Section 2.2 Method of Performing Services. The Company will not supervise, direct or control the
Contractor in the manner or method of performing any Project contracted hereunder. The Contractor will
determine the method, manner, and means of performing the above-described services to complete any
Project contracted hereunder, provided that the Contractor shall satisfactorily perform the services
contracted to produce the contracted result in accordance with the specifications agreed to in writing
between the Company and the Contractor, whether in a Project Assignment or otherwise.

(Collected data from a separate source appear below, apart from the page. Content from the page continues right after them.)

-- ===== src/Raft/Merge.antt =====
-- What `RequestAppendEntriesReply` (src/raft/raft.go) makes of a log and new entries: the index loop
-- against a recursion on the two lists, and what follows for repeated and late requests.
use mit_distribution.Base.{
  ℕ, zero, suc, ◌+◌, ◌<◌, ◌≡◌, refl, sym, ap, ap₂, ◌∙◌, inl, inr, List, [], ◌∷◌, ◌++◌, map, arith,
  Bool-cases, length, take, drop, if◌then◌else◌, ◌==◌, ==→eq, eq→==, length-take, length-drop,
  take-append-drop, get_elem?, some,
}
use mathlib.Core.List.{append-nil, append_assoc}
use native.Mathlib.Numerals.{add-one}
use mit_distribution.Raft.State.{Log}
use mit_distribution.Raft.Append.{skip_agreed, splice, merge_log}

module _ {A : Type 0} where
  -- The log from the place of the first new entry on, after the request.
  unfoldable pub reconcile : List (Log A) → List (Log A) → List (Log A)
  reconcile log [] = log
  reconcile [] (x ∷ entries) = x ∷ entries
  reconcile (y ∷ log) (x ∷ entries) =
      if x.term == y.term then y ∷ reconcile log entries else x ∷ entries

  take_succ_drop :
      (n : ℕ) (log rest : List (Log A)) (y : Log A)
      → drop n log ≡ y ∷ rest
      → (take (n + 1) log ≡ take n log ++ y ∷ []) × (drop (n + 1) log ≡ rest)
  take_succ_drop zero [] rest y e = absurd (cc)
  take_succ_drop zero (x ∷ log) rest y e = (ground arith, ground arith)
  take_succ_drop (suc n) [] rest y e = absurd (cc)
  take_succ_drop (suc n) (x ∷ log) rest y e =
      let (p, q) = take_succ_drop n log rest y e in (ground (arith, p), ground (arith, q))

  take_all : (n : ℕ) (log : List (Log A)) → drop n log ≡ [] → take n log ≡ log
  take_all n log e =
      sym (append-nil (take n log)) ∙ ap (◌++◌ (take n log)) (sym e) ∙ take-append-drop n log

  splice-skip_agreed :
      (log entries rest_e rest_l : List (Log A)) (e l : ℕ)
      → drop e entries ≡ rest_e
      → drop l log ≡ rest_l
      → splice log entries (skip_agreed rest_e rest_l e l).0 (skip_agreed rest_e rest_l e l).1
        ≡ take l log ++ reconcile rest_l rest_e
  unfolding skip_agreed splice reconcile
  splice-skip_agreed log entries [] rest_l e l he hl =
      ground (arith, length-drop e entries, take-append-drop l log)
  splice-skip_agreed log entries (x ∷ es) [] e l he hl =
      ground (arith, length-drop e entries, length-drop l log, take_all l log)
  splice-skip_agreed log entries (x ∷ es) (y ∷ ls) e l he hl =
      elim (Bool-cases (x.term == y.term)) [
        | inl same ↦ rw same (
            splice-skip_agreed log entries es ls (e + 1) (l + 1)
              (take_succ_drop e entries es x he).1 (take_succ_drop l log ls y hl).1
            ∙ ap (λ p. p ++ reconcile ls es) (take_succ_drop l log ls y hl).0
            ∙ append_assoc (take l log) (y ∷ []) (reconcile ls es))
        | inr differ ↦ rw differ (ground (arith, length-drop e entries, length-drop l log))
      ]

  -- The index loop and the three cases after it keep the log up to the previous entry, and reconcile
  -- the rest with the new entries.
  pub merge_log-eq-reconcile :
      (log entries : List (Log A)) (prev : ℕ)
      → merge_log log entries prev ≡ take (prev + 1) log ++ reconcile (drop (prev + 1) log) entries
  unfolding merge_log
  merge_log-eq-reconcile log entries prev =
      splice-skip_agreed log entries entries (drop (prev + 1) log) 0 (prev + 1) refl refl

  -- The entry 0 stays where it is.
  pub get_elem?-merge_log_zero :
      (log entries : List (Log A)) (prev : ℕ) (x : Log A)
      → get_elem? log 0 ≡ some x
      → get_elem? (merge_log log entries prev) 0 ≡ some x
  get_elem?-merge_log_zero [] entries prev x h = absurd (cc)
  get_elem?-merge_log_zero (y ∷ log) entries prev x h =
      rw merge_log-eq-reconcile (ground (arith, add-one prev))

  take-append_self : (n : ℕ) (xs ys : List (Log A)) → length xs ≡ n → take n (xs ++ ys) ≡ xs
  take-append_self zero [] ys h = refl
  take-append_self zero (x ∷ xs) ys h = absurd (omega arith)
  take-append_self (suc n) [] ys h = absurd (omega arith)
  take-append_self (suc n) (x ∷ xs) ys h = ap (◌∷◌ x) (take-append_self n xs ys (omega arith))

  drop-append_self : (n : ℕ) (xs ys : List (Log A)) → length xs ≡ n → drop n (xs ++ ys) ≡ ys
  drop-append_self zero [] ys h = refl
  drop-append_self zero (x ∷ xs) ys h = absurd (omega arith)
  drop-append_self (suc n) [] ys h = absurd (omega arith)
  drop-append_self (suc n) (x ∷ xs) ys h = drop-append_self n xs ys (omega arith)

  -- The request leaves everything up to the previous entry.
  pub take-merge_log :
      (log entries : List (Log A)) (prev : ℕ)
      → prev < length log
      → take (prev + 1) (merge_log log entries prev) ≡ take (prev + 1) log
  take-merge_log log entries prev h = rw merge_log-eq-reconcile (
      take-append_self (prev + 1) (take (prev + 1) log) _
        (length-take (prev + 1) log (omega arith)))

  -- The rest of the log after the request is the rest before, reconciled with the entries.
  pub drop-merge_log :
      (log entries : List (Log A)) (prev : ℕ)
      → prev < length log
      → drop (prev + 1) (merge_log log entries prev) ≡ reconcile (drop (prev + 1) log) entries
  drop-merge_log log entries prev h = rw merge_log-eq-reconcile (
      drop-append_self (prev + 1) (take (prev + 1) log) _
        (length-take (prev + 1) log (omega arith)))

  reconcile-append_self :
      (entries more : List (Log A)) → reconcile (entries ++ more) entries ≡ entries ++ more
  unfolding reconcile
  reconcile-append_self [] more = refl
  reconcile-append_self (x ∷ entries) more =
      rw (eq→== x.term x.term refl) (ap (◌∷◌ x) (reconcile-append_self entries more))

  reconcile_late :
      (log entries more : List (Log A))
      → reconcile (reconcile log (entries ++ more)) entries ≡ reconcile log (entries ++ more)
  unfolding reconcile
  reconcile_late log [] more = refl
  reconcile_late [] (x ∷ entries) more = reconcile-append_self (x ∷ entries) more
  reconcile_late (y ∷ log) (x ∷ entries) more = elim (Bool-cases (x.term == y.term)) [
    | inl same ↦ rw (same, same) (ap (◌∷◌ y) (reconcile_late log entries more))
    | inr differ ↦ rw differ (reconcile-append_self (x ∷ entries) more)
  ]

  -- A request that comes late, with a part of the entries that the log has already been reconciled
  -- with, changes nothing; a repeated request is the case with no entries more.
  pub merge_log_late :
      (log entries more : List (Log A)) (prev : ℕ)
      → prev < length log
      → merge_log (merge_log log (entries ++ more) prev) entries prev
        ≡ merge_log log (entries ++ more) prev
  merge_log_late log entries more prev h =
      let after : List (Log A) = merge_log log (entries ++ more) prev in
      merge_log-eq-reconcile after entries prev
      ∙ ap₂ ◌++◌ (take-merge_log log (entries ++ more) prev h) (
          ap (λ r. reconcile r entries) (drop-merge_log log (entries ++ more) prev h)
          ∙ reconcile_late (drop (prev + 1) log) entries more)
      ∙ sym (merge_log-eq-reconcile log (entries ++ more) prev)

  pub take-length : (xs : List (Log A)) → take (length xs) xs ≡ xs
  take-length [] = refl
  take-length (x ∷ xs) = ap (◌∷◌ x) (take-length xs)

  reconcile-terms :
      (log entries : List (Log A))
      → map (λ (e : Log A). e.term) (take (length entries) (reconcile log entries))
        ≡ map (λ (e : Log A). e.term) entries
  unfolding reconcile
  reconcile-terms log [] = refl
  reconcile-terms [] (x ∷ entries) = ap (map (λ e. e.term)) (take-length (x ∷ entries))
  reconcile-terms (y ∷ log) (x ∷ entries) = elim (Bool-cases (x.term == y.term)) [
    | inl same ↦ rw same (ap₂ ◌∷◌ (sym (==→eq x.term y.term same)) (reconcile-terms log entries))
    | inr differ ↦ rw differ (ap (map (λ e. e.term)) (take-length (x ∷ entries)))
  ]

  -- After the request the terms behind the previous entry are those of the new entries.
  pub merge_log-terms :
      (log entries : List (Log A)) (prev : ℕ)
      → prev < length log
      → map
          (λ (e : Log A). e.term)
          (take (length entries) (drop (prev + 1) (merge_log log entries prev)))
        ≡ map (λ (e : Log A). e.term) entries
  merge_log-terms log entries prev h =
      rw (drop-merge_log log entries prev h) (reconcile-terms (drop (prev + 1) log) entries)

Section 2.3 Place and Times of Work. The Contractor shall perform each Project contracted for
hereunder at the Contractor's own place of business or at any place or location, and at such times, as the
Contractor shall determine, or as specifically agreed in the respective Project Assignment.

Section 2.4 Successors and Assigns; Application of Agreement to Principals, Employees and
Agents. The Contractor may not subcontract or otherwise delegate the Contractor's obligations under this
Agreement without the Company's prior written consent. Subject to the foregoing, this Agreement shall
be for the benefit of the Company's successors and assigns, and shall be binding on the Contractor's
assignees. The Contractor shall ensure that each of its principals, employees and agents adhere to the
terms of this agreement, particularly the provisions of Articles 4 (“Innovations; Confidential
Information”) and 5 (“Non-Interference; Non-Solicitation; Conflicts of Interest”).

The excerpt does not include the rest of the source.